# Task directions
Go through the records and write each one out again exactly.

(Saved entries)
************

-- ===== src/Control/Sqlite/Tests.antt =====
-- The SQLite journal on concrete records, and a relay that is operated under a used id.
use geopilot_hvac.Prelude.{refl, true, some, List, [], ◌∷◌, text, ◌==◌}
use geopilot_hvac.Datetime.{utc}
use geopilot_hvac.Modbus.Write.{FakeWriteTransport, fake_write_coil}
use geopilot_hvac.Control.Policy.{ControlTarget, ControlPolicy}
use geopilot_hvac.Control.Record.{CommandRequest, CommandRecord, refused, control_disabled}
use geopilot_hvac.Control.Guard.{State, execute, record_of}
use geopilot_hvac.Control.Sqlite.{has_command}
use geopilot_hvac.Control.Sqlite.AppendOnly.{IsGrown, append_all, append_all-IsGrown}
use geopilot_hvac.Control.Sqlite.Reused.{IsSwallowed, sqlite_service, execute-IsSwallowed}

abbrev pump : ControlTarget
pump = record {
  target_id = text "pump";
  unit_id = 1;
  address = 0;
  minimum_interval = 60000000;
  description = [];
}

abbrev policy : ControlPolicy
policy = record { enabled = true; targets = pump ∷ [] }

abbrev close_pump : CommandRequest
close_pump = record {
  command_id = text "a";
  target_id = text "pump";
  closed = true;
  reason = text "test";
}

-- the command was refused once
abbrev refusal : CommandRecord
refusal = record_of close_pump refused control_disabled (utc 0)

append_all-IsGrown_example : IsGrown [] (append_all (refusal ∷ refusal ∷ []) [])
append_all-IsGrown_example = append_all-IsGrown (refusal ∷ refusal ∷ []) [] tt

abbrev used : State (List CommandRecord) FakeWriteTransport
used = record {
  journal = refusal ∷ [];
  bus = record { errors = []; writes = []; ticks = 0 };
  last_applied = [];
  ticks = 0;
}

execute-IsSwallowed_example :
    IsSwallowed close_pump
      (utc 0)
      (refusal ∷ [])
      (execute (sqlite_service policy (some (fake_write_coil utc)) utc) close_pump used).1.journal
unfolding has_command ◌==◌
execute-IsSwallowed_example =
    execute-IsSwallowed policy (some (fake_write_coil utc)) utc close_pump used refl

************

# Exercise solution
-- ===== src/Control/Sqlite/Tests.antt =====
-- The SQLite journal on concrete records, and a relay that is operated under a used id.
use geopilot_hvac.Prelude.{refl, true, some, List, [], ◌∷◌, text, ◌==◌}
use geopilot_hvac.Datetime.{utc}
use geopilot_hvac.Modbus.Write.{FakeWriteTransport, fake_write_coil}
use geopilot_hvac.Control.Policy.{ControlTarget, ControlPolicy}
use geopilot_hvac.Control.Record.{CommandRequest, CommandRecord, refused, control_disabled}
use geopilot_hvac.Control.Guard.{State, execute, record_of}
use geopilot_hvac.Control.Sqlite.{has_command}
use geopilot_hvac.Control.Sqlite.AppendOnly.{IsGrown, append_all, append_all-IsGrown}
use geopilot_hvac.Control.Sqlite.Reused.{IsSwallowed, sqlite_service, execute-IsSwallowed}

abbrev pump : ControlTarget
pump = record {
  target_id = text "pump";
  unit_id = 1;
  address = 0;
  minimum_interval = 60000000;
  description = [];
}

abbrev policy : ControlPolicy
policy = record { enabled = true; targets = pump ∷ [] }

abbrev close_pump : CommandRequest
close_pump = record {
  command_id = text "a";
  target_id = text "pump";
  closed = true;
  reason = text "test";
}

-- the command was refused once
abbrev refusal : CommandRecord
refusal = record_of close_pump refused control_disabled (utc 0)

append_all-IsGrown_example : IsGrown [] (append_all (refusal ∷ refusal ∷ []) [])
append_all-IsGrown_example = append_all-IsGrown (refusal ∷ refusal ∷ []) [] tt

abbrev used : State (List CommandRecord) FakeWriteTransport
used = record {
  journal = refusal ∷ [];
  bus = record { errors = []; writes = []; ticks = 0 };
  last_applied = [];
  ticks = 0;
}

execute-IsSwallowed_example :
    IsSwallowed close_pump
      (utc 0)
      (refusal ∷ [])
      (execute (sqlite_service policy (some (fake_write_coil utc)) utc) close_pump used).1.journal
unfolding has_command ◌==◌
execute-IsSwallowed_example =
    execute-IsSwallowed policy (some (fake_write_coil utc)) utc close_pump used refl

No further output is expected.